Adhérer au cloud, permet un accès permanent aux dernières mises à jour mais aussi aux dernières versions des outils et applications sur les plateformes. Notamment sur le cloud public Azure Global, les équipes du groupe Microsoft travaillent en permanence afin de faire bénéficier leurs clients d’une innovation technologique permanente que cela soit en termes de services applicatifs, qu’en terme de gestion et monitoring de l’infrastructure.

Conclusion

En conclusion, plusieurs points sont à retenir :

  1. En termes de gestion d’infrastructures, les entreprises doivent y aller car l’automatisation et l’orchestration fournies par le cloud aujourd’hui sont en passe de devenir incontournable comme l’était la virtualisation il y a une vingtaine d’années.
  2. Sur un aspect stratégie business, il faut y adhérer car dans un monde concurrentiel comme le nôtre, on ne peut plus se permettre de perdre du temps et de l’argent à développer des applications ou services qui sont déjà accessibles en deux ou trois clics.

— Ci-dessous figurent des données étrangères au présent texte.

-- ===== src/Post/Tests.antt =====
-- The theorems on posts at a chain whose other pallets are one amount of money.
use anarchy.Base.{
  ℕ, ◌+◌, ◌-◌, ◌*◌, ◌/◌, ◌≡◌, ◌≤◌, ◌⊎◌, refl, arith, true, none, some, [], ◌∷◌, if◌then◌else◌, ltb,
  contains, none-some, some_same, sym,
}
use anarchy.Base.Dispatch.{ok, err, commit}
use anarchy.Post.Types.{Config, State, Error}
use anarchy.Post.{Draft, create_post, delete_post}
use anarchy.Post.Created.{Reason, Creates, create_post-Creates}
use anarchy.Post.Run.{run, create_call, delete_by_popularity, next_block}
use anarchy.Post.Index.{IsIndexed, run-IsIndexed}
use anarchy.Post.Undo.{create_post-delete_post}
use anarchy.Post.Funds.{IsAccounted, create_post-wealth}

abbrev config : Config ℕ
config = record {
  max_content_length = 1_073_741_824;
  post_base_cost = 25_000;
  post_byte_cost = 8;
  storage_share_permill = 500_000;
  reaction_share_permill = 200_000;
  mul_floor = λ parts x. parts * x / 1_000_000;
  current_base_fee = λ money. 3;
  record_gas = λ bytes money. money;
  burn_from = λ who amount money. if ltb money amount then none else some (money - amount);
  do_deposit_to_reward_pool = λ amount money. money + amount;
  do_deposit_to_reaction_pool = λ amount money. money + amount;
  do_register_fragment = λ id size creator at money. some money;
  on_post_created = λ id money. money;
}

abbrev start : State ℕ
start = record {
  next_post_id = 0;
  posts = λ id. none;
  content_refs = λ id. none;
  merkle_root_to_post_id = λ root. none;
  user_posts = λ who. [];
  block_number = 5;
  world = 1_000_000;
  events = [];
}

abbrev draft : Draft
draft = record {
  merkle_root = 77;
  k = 2;
  n = 3;
  total_size = 100;
  ciphertext_len = 116;
  shard_size = 58;
  compressed = true;
  parent_id = none;
}

abbrev posted : State ℕ
posted = commit start (create_post config 4 draft start)

posts : create_post config 4 draft start ≡ ok posted
unfolding create_post
posts = refl

-- The cost is 25_000 + 100 * 8 + 100 * 3; half and a fifth of the first two come back to the pools.
cost : posted.world ≡ 1_000_000 - 26_100 + 12_900 + 5_160
unfolding create_post
cost = refl

start-IsIndexed : IsIndexed start
unfolding contains
start-IsIndexed = record {
  below = λ id h. refl;
  rooted = λ id root h. absurd (none-some h);
  points = λ root id h. absurd (none-some h);
  contents = λ id. refl;
  listed = λ a id. refl;
}

create_post-Creates_example :
    ((e : Error) × (create_post config 4 draft start ≡ err e) × Reason config 4 draft start e)
    ⊎ ((t : State ℕ) × (create_post config 4 draft start ≡ ok t) × Creates config 4 draft start t)
create_post-Creates_example = create_post-Creates config 4 draft start

run-IsIndexed_example : IsIndexed (
    run config
      (create_call 4 draft ∷ next_block ∷ create_call 5 draft ∷ delete_by_popularity 0 ∷ [])
      start)
run-IsIndexed_example =
    run-IsIndexed config
      (create_call 4 draft ∷ next_block ∷ create_call 5 draft ∷ delete_by_popularity 0 ∷ []) start
      start-IsIndexed

create_post-delete_post_example :
    (u : State ℕ) × (delete_post 0 posted ≡ ok (u, 77))
    × (u.next_post_id ≡ 1)
    × ((id : ℕ) → u.posts id ≡ start.posts id)
    × ((id : ℕ) → u.content_refs id ≡ start.content_refs id)
    × ((root : ℕ) → u.merkle_root_to_post_id root ≡ start.merkle_root_to_post_id root)
    × ((a : ℕ) → u.user_posts a ≡ start.user_posts a)
create_post-delete_post_example =
    create_post-delete_post config 4 draft start posted start-IsIndexed posts

config-IsAccounted : IsAccounted config (λ money. money)
config-IsAccounted = record {
  burn_from-wealth = λ who cost w w' h. ground arith;
  reward_pool-wealth = λ a w. omega arith;
  reaction_pool-wealth = λ a w. omega arith;
  record_gas-wealth = λ b w. refl;
  register-wealth = λ id size who at w w' h. sym (some_same h);
  on_post_created-wealth = λ id w. refl;
  mul_floor-floor = λ p x. grind arith;
}

create_post-wealth_example : posted.world + 300 ≤ 1_000_000
create_post-wealth_example =
    create_post-wealth config (λ money. money) config-IsAccounted 4 draft start posted (omega arith)
      (omega arith) posts
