-- ===== src/Rewards/Sqrt.antt =====
-- Newton's loop in `sqrt_ppm` computes the integer square root.
use mathlib.Core.WellFounded.{Acc}
use anarchy.Base.{
  ℕ, true, false, ◌%◌, ◌^◌, ◌⊎◌, refl, none, some, if◌then◌else◌, dite, ◌+◌, ◌-◌, ◌*◌, ◌/◌, ◌<◌,
  ◌≤◌, ◌≡◌, inl, inr, arith, dec_lt, ◌==◌, Bool-cases, sat_mul, u128_max,
}
use anarchy.Base.Order.{lt_wf}
use anarchy.Rewards.{newton, scaled_sqrt, sqrt_ppm, root, one_million}

-- `r` is the integer square root of `s`.
abbrev pub IsSqrt : ℕ → ℕ → Type 0
IsSqrt s r = (r * r ≤ s) × (s < (r + 1) * (r + 1))

four_mul-le_apart : (a b d : ℕ) → b ≡ a + d → 4 * (a * b) ≤ (a + b) * (a + b)
four_mul-le_apart a b d e = rw e (omega arith)

-- The arithmetic mean against the geometric one.
four_mul-le : (a b : ℕ) → 4 * (a * b) ≤ (a + b) * (a + b)
four_mul-le a b = elim (dec_lt a b) [
  | yes h ↦ four_mul-le_apart a b (b - a) (omega arith)
  | no h ↦ omega (arith, four_mul-le_apart b a (a - b) (omega arith))
]

pub square_mono : (a b : ℕ) → a ≤ b → a * a ≤ b * b
square_mono a b h = grind arith

step_bound : (s q y z : ℕ) → s < (q + 1) * y → q + y ≤ 2 * z + 1 → s < (z + 1) * (z + 1)
step_bound s q y z h k =
    omega (arith, four_mul-le (q + 1) y, square_mono (q + 1 + y) (2 * z + 2) (omega arith))

-- One step of Newton's method does not fall below the root.
newton_step : (s y : ℕ) → 0 < y → s < ((s / y + y) / 2 + 1) * ((s / y + y) / 2 + 1)
newton_step s y h = step_bound s (s / y) y ((s / y + y) / 2) (grind arith) (omega arith)

-- When the next guess is not smaller, the guess is not above the root.
newton_stop : (s y : ℕ) → y ≤ (s / y + y) / 2 → y * y ≤ s
newton_stop s y h = grind arith

-- The next guess is positive.
newton_pos : (s y : ℕ) → 0 < s → 0 < y → 0 < (s / y + y) / 2
newton_pos s y hs hy = grind arith

-- The loop ends with the root.
newton-IsSqrt :
    (s z y : ℕ) (w : Acc ◌<◌ y)
    → 0 < s
    → 0 < y
    → s < (y + 1) * (y + 1)
    → z ≡ (s / y + y) / 2
    → (r : ℕ) × (newton s z y w ≡ some r) × IsSqrt s r
unfolding newton
newton-IsSqrt s z y (Acc.intro _ smaller) hs hy above e =
    go (λ h. newton-IsSqrt s ((s / z + z) / 2) z (smaller z h) hs) (dec_lt z y)
  where
    go :
        ((h : z < y)
          → 0 < z
          → s < (z + 1) * (z + 1)
          → (s / z + z) / 2 ≡ (s / z + z) / 2
          → (r : ℕ) × (newton s ((s / z + z) / 2) z (smaller z h) ≡ some r) × IsSqrt s r)
        → (d : Dec (z < y))
        → (r : ℕ) × (dite d
              (λ h.
                let rest = newton s ((s / z + z) / 2) z (smaller z h) in
                if z == 0 then none else rest)
              (λ _. some y)
            ≡ some r)
          × IsSqrt s r
    go ih (no h) = (y, refl, (newton_stop s y (omega (arith, e, h)), above))
    go ih (yes h) =
        let positive : 0 < z = omega (arith, e, newton_pos s y hs hy) in
        let still : s < (z + 1) * (z + 1) = rw e (newton_step s y hy) in
        let some_z : (z == 0) ≡ false = ground (arith, positive) in
        rw some_z (ih h positive still refl)

self_div : (s : ℕ) → 0 < s → (s + 1) / 2 ≡ (s / s + s) / 2
self_div s h = grind arith

-- The loop from its start values.
newton_start :
    (s : ℕ)
    → 0 < s
    → s < u128_max
    → (r : ℕ) × (newton s ((s + 1) % 2 ^ 128 / 2) s (lt_wf.apply s) ≡ some r) × IsSqrt s r
newton_start s h fits =
    newton-IsSqrt s ((s + 1) % 2 ^ 128 / 2) s (lt_wf.apply s) h h (omega arith)
      (omega (arith, self_div s h))

newton_panics : (s z y : ℕ) (w : Acc ◌<◌ y) → z ≡ 0 → 0 < y → newton s z y w ≡ none
unfolding newton
newton_panics s z y (Acc.intro _ smaller) e h = go (dec_lt z y)
  where
    go :
        (d : Dec (z < y))
        → dite d
            (λ h'.
              let rest = newton s ((s / z + z) / 2) z (smaller z h') in
              if z == 0 then none else rest)
            (λ _. some y)
          ≡ none
    go (yes k) = let nil : (z == 0) ≡ true = ground (arith, e) in rw nil refl
    go (no k) = absurd (k (omega (arith, e, h)))

scaled_sqrt-IsSqrt : (s : ℕ) → s < u128_max → (r : ℕ) × (scaled_sqrt s ≡ some r) × IsSqrt s r
unfolding scaled_sqrt
scaled_sqrt-IsSqrt s h = elim (Bool-cases (s == 0)) [
  | inl e ↦ rw e (0, refl, ground (arith, e))
  | inr e ↦ rw e (newton_start s (ground (arith, e)) h)
]

scaled_sqrt_full : (s : ℕ) → s ≡ u128_max → scaled_sqrt s ≡ none
unfolding scaled_sqrt
scaled_sqrt_full s e =
    let positive : (s == 0) ≡ false = ground (arith, e) in
    rw positive (
      newton_panics s ((s + 1) % 2 ^ 128 / 2) s (lt_wf.apply s) (omega (arith, e))
        (omega (arith, e)))

-- As long as its argument times a million is below the largest u128, `sqrt_ppm` ends with the integer
-- square root of that product; from there on it panics.
pub sqrt_ppm-IsSqrt :
    (x : ℕ)
    → ((x * one_million < u128_max)
        × ((r : ℕ) × (sqrt_ppm x ≡ some r) × IsSqrt (x * one_million) r))
      ⊎ ((u128_max ≤ x * one_million) × (sqrt_ppm x ≡ none))
unfolding sqrt_ppm
sqrt_ppm-IsSqrt x = elim (dec_lt (x * one_million) u128_max) [
  | yes h ↦
      let whole : sat_mul u128_max x one_million ≡ x * one_million = omega arith in
      inl (h, rw whole (scaled_sqrt-IsSqrt (x * one_million) h))
  | no h ↦
      let full : sat_mul u128_max x one_million ≡ u128_max = omega (arith, h) in
      inr (omega (arith, h), scaled_sqrt_full (sat_mul u128_max x one_million) full)
]

-- The root of a share of at most 1.
pub root-IsSqrt : (x : ℕ) → x ≤ one_million → IsSqrt (x * one_million) (root x)
unfolding root
root-IsSqrt x h = elim (sqrt_ppm-IsSqrt x) [
  | inl (small, (r, e, square)) ↦ rw e square
  | inr (large, e) ↦ absurd (omega (arith, large))
]

-- There is one integer square root.
pub IsSqrt-unique : (s a b : ℕ) → IsSqrt s a → IsSqrt s b → a ≡ b
IsSqrt-unique s a b h k = grind (arith, square_mono (a + 1) b, square_mono (b + 1) a)

pub IsSqrt-mono : (s t a b : ℕ) → s ≤ t → IsSqrt s a → IsSqrt t b → a ≤ b
IsSqrt-mono s t a b le h k = grind (arith, square_mono (b + 1) a)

Le besoin des directions est centré sur la focalisation des équipes vers le cœur métier de l’entreprise, et non sur l’infrastructure informatique, qui se doit d’être au service de l’organisation elle-même en faisant ce qu’il y a de mieux et qui ne coûte pas « trop cher ».
  3. Sur le plan de la stratégie digitale, le modèle des DSI « Old School » arrive en bout de course, La DSI d’aujourd’hui, se doit d’être, est un agrégateur de services capable de s’agiliser, notamment dans l’adaptation de la manière dont ses services sont produits. Elle doit pouvoir compter sur des partenaires solides qui les accompagnent dans la réalisation de leurs projets, tout en gardant une maitrise interne. Le cloud est donc avant tout une opportunité pour les DSI de se transformer dans son modèle opérationnel et d’assurer leur pérennité au sein de l’écosystème.

C’est pour ces trois raisons qu’il faut s’orienter vers le cloud. Ne pas y aller serait comme de refuser d’utiliser un smartphone pour faire pleins de nouvelles choses sous prétexte qu’avant on arrivait à tout faire par téléphone et papier. Les DSI doivent donc repenser leurs modèles opérationnels rapidement, avant que le métier (qui sans nul doute sera plus facilement convaincu) n’y aille tout seul avec ses propres moyens et n’importe comment.